You don’t? Of course not. Bush remains both ignorant of the sources, the scope, and the full menace of the Jihad, and he certainly has not allowed the American government to conduct the kind of all-out propaganda, including making use of clever defectors from Islam, that is called for. He lacks imagination. He lacks broad cultivation. He is not able to articulate cleverly the problem — referring to Islam synecdochically, for example, by using the word “Jihad” and claiming to be fighting “only those few Muslims” who “believe in Jihad to spread Islam until it covers the globe.” (What will Muslims do then? Deny it? Own up to it?) He apparently thinks what counts is the level of economic development, the end to poverty, the GDP, the GNP. He’s an economic determinist. And so are those who applaud the war in Iraq (not to mention his sentimentalism and heedlessness about immigration) — David Brooks, My Weekly Standard, the editorial board of The Wall Street Journal. They can’t quite grasp Islam. It doesn’t fit what they know about the world.

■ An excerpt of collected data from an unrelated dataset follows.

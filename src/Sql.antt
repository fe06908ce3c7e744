-- ===== src/Sql.antt =====
-- The components of db/component.go and postgres/component.go, which differ in the life time of a
-- connection that only the second has. `none` is a panic. `url.Parse`, `time.ParseDuration` and the
-- database library are parameters.
pub mod Load
pub mod Once
use go_infra.Prelude.{
  ℕ, Bool, true, false, ◌&&◌, Option, none, some, List, [], ◌∷◌, ◌++◌, if◌then◌else◌, and_then,
}
use go_infra.Prelude.Text.{Text, codes, is_empty}
use go_infra.Prelude.Int.{ℤ}
use go_infra.Config.Strconv.{atoi}
use go_infra.Config.Property.{PropertyRuntime, property, required_property}
use go_infra.Config.Loading.{Loading, load_parsed}

-- A client of the library is a number.
pub record SqlComponent : Type 0 where
  pub client : Option ℕ
  pub dsn : Text
  pub max_idle_conns : ℤ
  pub max_open_conns : ℤ
  pub conn_max_idle_time : ℤ
  pub conn_max_lifetime : ℤ

abbrev pub set_pool_size : ℤ → ℤ → SqlComponent → SqlComponent
set_pool_size max_idle max_open c = record c {
  max_idle_conns = max_idle;
  max_open_conns = max_open;
}

abbrev pub set_conn_max_idle_time : ℤ → SqlComponent → SqlComponent
set_conn_max_idle_time d c = record c { conn_max_idle_time = d }

abbrev pub set_conn_max_lifetime : ℤ → SqlComponent → SqlComponent
set_conn_max_lifetime d c = record c { conn_max_lifetime = d }

abbrev pub default_string : Text → Text → Text
default_string value fallback = if is_empty value then fallback else value

-- The host that `postgresHostFromDSN` and `hostFromDSN` give; `parse_url` gives that of a URL.
abbrev pub host_from_dsn : (Text → Option Text) → Text → Text
host_from_dsn parse_url dsn = elim (parse_url dsn) [ none ↦ [] | some host ↦ host ]

abbrev pub host_uris_of : Text → List Text
host_uris_of host_uri = if is_empty host_uri then [] else host_uri ∷ []

unfoldable pub set_dsn : (Text → Option Text) → Text → Loading SqlComponent → Loading SqlComponent
set_dsn parse_url dsn l = record l {
  component = record l.component { dsn = dsn };
  host_uris = l.host_uris ++ host_uris_of (host_from_dsn parse_url dsn);
}

set_pool : Option ℤ → Option ℤ → Loading SqlComponent → Option (Loading SqlComponent)
set_pool none max_open l = none
set_pool (some max_idle) none l = none
set_pool (some max_idle) (some max_open) l =
    some (record l { component = set_pool_size max_idle max_open l.component })

unfoldable pub load_pool : Text → Loading SqlComponent → Option (Loading SqlComponent)
unfolding set_pool
load_pool prefix l =
    let (p1, idle) = property (prefix ++ codes ".pool.maxIdleConns") l.property in
    let (p2, open_) = property (prefix ++ codes ".pool.maxOpenConns") p1 in
    let l' = record l { property = p2 } in
    if is_empty idle && is_empty open_
    then some l'
    else set_pool (atoi (default_string idle (codes "0"))) (atoi (default_string open_ (codes "0")))
        l'

module _ (parse_url : Text → Option Text) (parse_duration : Text → Option ℤ) where
  abbrev pub load_idle_time : Text → Loading SqlComponent → Option (Loading SqlComponent)
  load_idle_time prefix =
      load_parsed parse_duration (prefix ++ codes ".connMaxIdleTime") set_conn_max_idle_time

  abbrev pub load_lifetime : Text → Loading SqlComponent → Option (Loading SqlComponent)
  load_lifetime prefix =
      load_parsed parse_duration (prefix ++ codes ".connMaxLifetime") set_conn_max_lifetime

  load_dsn :
      Text → Loading SqlComponent → PropertyRuntime × Option Text → Option (Loading SqlComponent)
  load_dsn prefix l (p, none) = none
  load_dsn prefix l (p, some dsn) =
      and_then (load_pool prefix (set_dsn parse_url dsn (record l { property = p })))
        (load_idle_time prefix)

  -- `LoadFromPrefix` of db/component.go
  unfoldable pub db_load_from_prefix : Text → Loading SqlComponent → Option (Loading SqlComponent)
  unfolding load_dsn
  db_load_from_prefix prefix l =
      if is_empty prefix
      then none
      else load_dsn prefix l (required_property (prefix ++ codes ".dsn") l.property)

  -- `LoadFromPrefix` of postgres/component.go
  unfoldable pub postgres_load_from_prefix :
      Text → Loading SqlComponent → Option (Loading SqlComponent)
  unfolding db_load_from_prefix
  postgres_load_from_prefix prefix l =
      and_then (db_load_from_prefix prefix l) (load_lifetime prefix)

-- The library: a client for the settings of a component, and its `Close`.
pub record SqlLib (W : Type 0) : Type 0 where
  pub new_client : SqlComponent → W → ℕ × W
  pub close_client : ℕ → W → W × Option Text

module _ {W : Type 0} (lib : SqlLib W) where
  -- `EnsureClient`, with the client that the component then has.
  unfoldable pub ensure_client : SqlComponent → W → Option (SqlComponent × ℕ × W)
  ensure_client c w = elim c.client [
    | some client ↦ some (c, client, w)
    | none ↦
        if is_empty c.dsn
        then none
        else let (client, w') = lib.new_client c w in
          some (record c { client = some client }, client, w')
  ]

  unfoldable pub close : SqlComponent → W → SqlComponent × W × Option Text
  close c w = elim c.client [
    | none ↦ (c, w, none)
    | some client ↦ let (w', e) = lib.close_client client w in (record c { client = none }, w', e)
  ]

As for the complete dismissal of every single Democrat, that too is foolish. It may be that those who want to get off oil want to do so for only one reason (and that reason is a perfectly sensible one): to save the environment. So what? The effect in diminishing Arab and Muslim revenues will be the same. And it may be that some Democrats wish to leave Iraq for the wrong reasons, but so what? If we leave, the right result — those sectarian and ethnic divisions — will start to work their magic. And it will be magic as far as we, the Infidels, are concerned, even if the result does not please even those very nice, very plausible, Shi’a Muslims whose interests diverge from ours, for they do not want to be forced to see Islam for what it is, they do not want to divide and demoralize the world of Islam, they do not want the Infidels to begin to halt and reverse Muslim migration, they do not want to have their views discounted because they are Muslims. Such people as Chalabi and Allawi in Iraq, or Fouad Ajami here, may be very nice. Ajami, after all, has two sons at West Point. And he is wonderful on Edward Said, and a truthteller on Israel. But that is no longer enough. Now the interests of the Infidels, and of even the nicest Muslims, diverge, and we must work to save ourselves, not to redo the Middle East for that handful of entertaining, soft-spoken, funny, altogether delightful Muslims. A different world now. This chase has a beast in view.
Concede victory, and get out. We won.